How to Choose Good Dentures

If your mouth is shared between your own teeth and perhaps a partial denture and/or bridge(s), maintaining your oral hygiene takes on an additional financial incen­tive. It is important to keep the remaining teeth for as long as possible. Not only are your own teeth better at biting and chewing, but the remaining teeth may be vital to the stability and retention of an existing denture, and certainly a bridge. There may even be metal clasps of a partial denture around some of your own teeth. Although it is possible to add teeth to a denture, the entire denture may have to be redesigned and remade. This can be both expensive and time-consuming. The same applies to a tooth to which a bridge is attached. Once that has been lost, the bridge is also lost. So it is more efficient, cheaper and easier to ensure that the teeth next to the denture, or those that support bridges, are pristine. They must be kept plaque-free.

 

Both full and partial dentures may well be ‘immedi­ate’ dentures. That is to say that the denture has been made before the teeth are extracted, and fitted immediately after extraction, at the same appointment. Within six months, the part of the gum where the extraction took place, which is now in contact with the fitting surface of the denture, will have ‘shrunk’. The denture starts to feel loose, rather like a dress or pair of trousers after a bout of slimming. This is called bone resorption and is perfectly natural. It generally means that either the denture will have to be re-based or you will need a new one. Resorption is a more difficult problem with full dentures, as the poor fit becomes far more notice­able. At one time people who needed full dentures were made to wait for almost six months while the bone ‘shrank’ before a dentist would make them. Today, immediate dentures are more common.

 

There are various types of dentures and other tooth replacements. It is worthwhile outlining the salient points.

 

– All dentures are removable.

– They either replace some teeth (partial) or all the teeth (full).

– They can be made of plastic or metal (generally cast chrome-cobalt steel).

– The upper ones can cover the entire roof of the mouth, or be in ‘skeleton’ form.

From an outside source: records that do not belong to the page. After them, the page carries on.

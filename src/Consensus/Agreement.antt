-- ===== src/Consensus/Agreement.antt =====
-- consensus/consensus_state.go: what a node's votes rest on, and why no two nodes decide differently.
pub mod Tally
pub mod Knows
pub mod Mono
pub mod Moves
pub mod Casts
pub mod Local
pub mod Deciding
pub mod Growth
pub mod Network
pub mod Decided
pub mod Safety
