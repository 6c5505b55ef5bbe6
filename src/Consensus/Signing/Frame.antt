-- ===== src/Consensus/Signing/Frame.antt =====
-- consensus/consensus_state.go: what `signAddVote` and `sendInternalMessage` change.
use go_minimal_pbft.Prelude.{◌≡◌, ◌⊎◌, inl, inr, ap, Option, none, some, [], ◌∷◌, arith}
use go_minimal_pbft.Messages.{Hash, SignedMsgType, Vote}
use go_minimal_pbft.Interfaces.{Env}
use go_minimal_pbft.Consensus.Monad.{Outcome, ok, panic, final, and_then}
use go_minimal_pbft.Consensus.State.{vote_message, State}
use go_minimal_pbft.Consensus.Signing.{sign_vote, push_vote, sign_add_vote}

module _ (e : Env) where
  -- The vote carries the state's height and round, and the type and hash that were asked for.
  pub record IsVoteOf (msg_type : SignedMsgType) (h : Hash) (s : State e) (v : Vote) : Type 0 where
    pub at_height : v.height ≡ s.height
    pub at_round : v.round ≡ s.round
    pub of_type : v.msg_type ≡ msg_type
    pub for_block : v.block_id ≡ h

  -- The signer, what was sent to the peers and the count of steps are as they were.
  abbrev pub AsBefore : State e → State e → Type 0
  AsBefore s t =
      (t.priv_validator ≡ s.priv_validator)
      × (t.priv_validator_pub_key ≡ s.priv_validator_pub_key)
      × (t.priv_validator_type ≡ s.priv_validator_type)
      × (t.n_steps ≡ s.n_steps)
      × (t.peer_out_msg_queue ≡ s.peer_out_msg_queue)

  -- From `s` to `t` at most one vote was sent, and nothing else changed but the clock's count.
  pub record Signs (msg_type : SignedMsgType) (h : Hash) (s t : State e) : Type 0 where
    pub same_rs : t.rs ≡ s.rs
    pub same_chain : t.chain_state ≡ s.chain_state
    pub same_ticks : t.tick_chan ≡ s.tick_chan
    pub same_store : t.block_store ≡ s.block_store
    pub same_rest : AsBefore s t
    pub sent :
        (t.internal_msg_queue ≡ s.internal_msg_queue)
        ⊎ ((v : Vote) × IsVoteOf msg_type h s v
            × (t.internal_msg_queue
                ≡ (record { msg = vote_message v; peer_id = [] }) ∷ s.internal_msg_queue))

  -- All but the clock's count is as it was.
  abbrev Same : State e → State e → Type 0
  Same s t =
      (t.rs ≡ s.rs)
      × (t.chain_state ≡ s.chain_state)
      × (t.tick_chan ≡ s.tick_chan)
      × (t.block_store ≡ s.block_store)
      × AsBefore s t
      × (t.internal_msg_queue ≡ s.internal_msg_queue)

  abbrev AsAsked : SignedMsgType → Hash → State e → Outcome (State e) (Option Vote) → Type 0
  AsAsked ty h s (ok none t) = Same s t
  AsAsked ty h s (ok (some v) t) = Same s t × IsVoteOf ty h s v
  AsAsked ty h s (panic p t) = Same s t

  sign_vote-AsAsked :
      (ty : SignedMsgType) (h : Hash) (s : State e) → AsAsked ty h s (sign_vote e ty h s)
  unfolding sign_vote
  sign_vote-AsAsked ty h s =
      grind
        (arith, e.sign_vote-height, e.sign_vote-round, e.sign_vote-msg_type, e.sign_vote-block_id)

  push_vote-Signs :
      (ty : SignedMsgType) (h : Hash) (s : State e) (o : Outcome (State e) (Option Vote))
      → AsAsked ty h s o
      → Signs ty h s (final (and_then o (push_vote e)))
  unfolding push_vote
  push_vote-Signs ty h s (ok none t) (r, c, k, b, f, q) = record {
    same_rs = r;
    same_chain = c;
    same_ticks = k;
    same_store = b;
    same_rest = f;
    sent = inl q;
  }
  push_vote-Signs ty h s (ok (some v) t) ((r, c, k, b, f, q), a) = record {
    same_rs = r;
    same_chain = c;
    same_ticks = k;
    same_store = b;
    same_rest = f;
    sent = inr (v, a, ap (λ l. record { msg = vote_message v; peer_id = [] } ∷ l) q);
  }
  push_vote-Signs ty h s (panic p t) (r, c, k, b, f, q) = record {
    same_rs = r;
    same_chain = c;
    same_ticks = k;
    same_store = b;
    same_rest = f;
    sent = inl q;
  }

  pub sign_add_vote-Signs :
      (ty : SignedMsgType) (h : Hash) (s : State e) → Signs ty h s (final (sign_add_vote e ty h s))
  unfolding sign_add_vote
  sign_add_vote-Signs ty h s =
      ground (arith, push_vote-Signs ty h s (sign_vote e ty h s) (sign_vote-AsAsked ty h s))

– The teeth are usually made of plastic.

 

Dentures are never as good as your own teeth. In par­ticular, full upper and lower dentures can be difficult to keep stable. This can make eating difficult. Partial dentures fill gaps between teeth. Because of this, and unlike full dentures, they vary widely in type and con­struction. There may be as many as three or four differ­ent sections of false teeth on the plate, separated by the natural teeth, or it may be a single tooth replacement. There are also metal partial skeleton dentures, which cover less gum and roof of the mouth, but have metal arms extending around the cheek surfaces of the back teeth. Other partial dentures have clasps onto teeth, and may be extremely small.

 

Dentures are made to fit each individual mouth. Lower full dentures sit on a narrow ridge and can be difficult to control; upper dentures are more stable as they have suction imparted by the hard palate. Some people cope with their dentures from day one, but others never come to terms with them. The difference is often psychological rather than physical or mechanical, although controlling the tongue in order to stop it dis­lodging the lower denture requires perseverance.

 

While appearance is important, you have to eat with dentures, not just look as though you have all your own teeth. Denture fixative is used by many people, but only works on the upper denture. So most people with full dentures have to learn to adapt their diet. Apples and other hard foods may need to be pre-cut or sliced. Chewy meats are likely to be forsworn, as are foods with small pips, which can find their way under dentures and cause irritation.

 

Dentures should be removed from the mouth and cleaned daily. Cleaning is in two parts. All dentures should be scrubbed carefully with a hard brush, reach­ing into all the nooks and crannies to remove plaque. They should also be cleaned by a soaking in a com­mercial denture cleanser, although it is not necessary to leave your dentures to soak overnight. Never use bleach or other self-selected cleaning agents as these tend to damage the plastic. Very small dentures should be re­moved at night – or when playing energetic sports – as they can get dislodged and obstruct the airway.

 

The gums on which dentures rest also have to be kept in good condition, and this includes brushing the roof of your mouth and gums with a toothbrush and tooth­paste. Sore spots or ulcers should be treated speedily, especially if they follow the fitting of new dentures. However, the denture may well need ‘easing’ by the dentist, and a chlorhexidine mouthwash or gel is useful in helping the gums recover. This also applies to aphthous ulcers. It is also possible for the root of a long-forgotten tooth, which has been buried in the bone pain­lessly for many years, to work its way to the surface of the mouth. This will cause pain under a denture and it should be removed by the dentist. Some people never come to terms with their dentures, especially full sets. In such cases, other forms of replacement might be indi­cated, such as implants.